Compliance and Certification Considerations
Manufacturers must ensure compliance with all applicable requirements of IEC 60947-6-1 when designing and manufacturing transfer switchgear.
The following measures are recommended: Establish a complete quality management system covering the entire process of design, procurement, production, and testing. Conduct comprehensive type testing, including all applicable test sequences. Maintain the integrity and traceability of technical documentation. Regularly update products to reflect standard revisions and technological advancements. Consider regional differences in requirements, such as the harmonization of the UL 1008 standard in the North American market.

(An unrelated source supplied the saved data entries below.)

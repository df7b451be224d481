-- ===== src/Handlers/Workers/Acknowledged.antt =====
-- server/src/handlers/worker_handler.cpp and execution/remote_strategy.cpp: the two ends of a
-- dispatch, the server that sends a DAG and the worker that takes it.
use task_hub.Execution.Remote.{response, inject_run_id, text_member}
use task_hub.Execution.Remote.Classify.{IsAck}
use task_hub.Execution.Remote.Dispatch.{payload_of}
use task_hub.Handlers.Http.{Request, Response, answered, respond}
use task_hub.Handlers.Workers.{HandlerCalls, worker_execute, execute_answer}
use task_hub.Json.{
  Json, Fields, ReadsBack, string, object, integer, object_of, assign_fields, set_field, find_field,
  find_field-set_field, value_with,
}
use task_hub.Prelude.{
  pos, Text, text, text_eq, text_lt, =?_refl, none, some, [], ◌∷◌, ◌≡◌, ◌≢◌, inl, inr, Option-cases,
  arith, refl, Text-Eq,
}

-- The body of a success whose data are the answer of an execution.
abbrev pub ack_body : Text → Json
ack_body run_id = object_of (
    (text "code", integer (pos 0))
    ∷ (text "message", string (text "ok"))
    ∷ (text "data", execute_answer run_id)
    ∷ [])

ack_payload : (run_id : Text) → payload_of (ack_body run_id) ≡ execute_answer run_id
unfolding payload_of assign_fields set_field find_field text_eq text_lt
ack_payload run_id = refl

ack_run_id : (run_id : Text) → text_member (text "run_id") (execute_answer run_id) ≡ some run_id
unfolding text_member assign_fields set_field find_field text_eq text_lt
ack_run_id run_id = refl

-- A worker that starts a job for a request acknowledges it: if its answer is read back as it was
-- written, the server that sent the request takes it for a success.
pub worker_execute-IsAck :
    (h : HandlerCalls) (req : Request) (r : Response) (dag : Json) (run_id : Text)
    → worker_execute h req ≡ (answered r, some (dag, run_id))
    → h.texts.parse (h.json.dump (ack_body run_id)) ≡ some (ack_body run_id)
    → IsAck h.texts h.json (response r.status r.content)
unfolding worker_execute respond
worker_execute-IsAck h req r dag run_id e back = elim (Option-cases (h.texts.parse req.body)) [
  | inl n ↦ ground (arith, n)
  | inr (body, n) ↦ elim (Option-cases (value_with h.json.get_text (text "run_id") [] body)) [
    | inl m ↦ ground (arith, n, m)
    | inr (given, m) ↦
        let facts : (r.status ≡ pos 200) × (r.content ≡ h.json.dump (ack_body run_id)) =
          ground (arith, n, m) in
        record {
          status = r.status;
          reply_body = r.content;
          json = ack_body run_id;
          answer = refl;
          good = ground (arith, facts.0);
          parsed = rw facts.1 back;
          accepted = inr (run_id, rw (ack_payload run_id) (ack_run_id run_id));
        }
  ]
]

-- The run that a worker starts for a task of a run bears the run id of the task, if the DAG of the
-- task has none of its own, and the payload is read back as it was written.
pub worker_execute-inject_run_id :
    (h : HandlerCalls) (back : ReadsBack h.json) (req : Request) (run_id : Text) (payload : Fields)
    → run_id ≢ []
    → find_field (text "run_id") payload ≡ none
    → h.texts.parse req.body ≡ some (object (inject_run_id run_id payload))
    → (worker_execute h req).1 ≡ some (object (inject_run_id run_id payload), run_id)
unfolding worker_execute inject_run_id
worker_execute-inject_run_id h back req run_id payload full own e =
    let kept = find_field-set_field (text "run_id") (text "run_id") (string run_id) payload in
    ground (arith, own, e, kept, =?_refl (text "run_id"), back.reads_text run_id)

When selecting equipment, users should verify that it conforms to IEC 60947-6-1 and check the accreditation of the certification body. For specific applications, such as fire pump control equipment, additional requirements in Annex F must also be met. IEC 60947-6-1, 4th edition, provides comprehensive technical specifications for the design, manufacture, and application of switching equipment. By understanding the requirements and intent of the standard, manufacturers can develop safer and more reliable products, users can select more suitable equipment, and designers can create more optimized systems. As technology continues to develop and application demands become increasingly complex, standards will continue to evolve, providing guidance and support for industry development.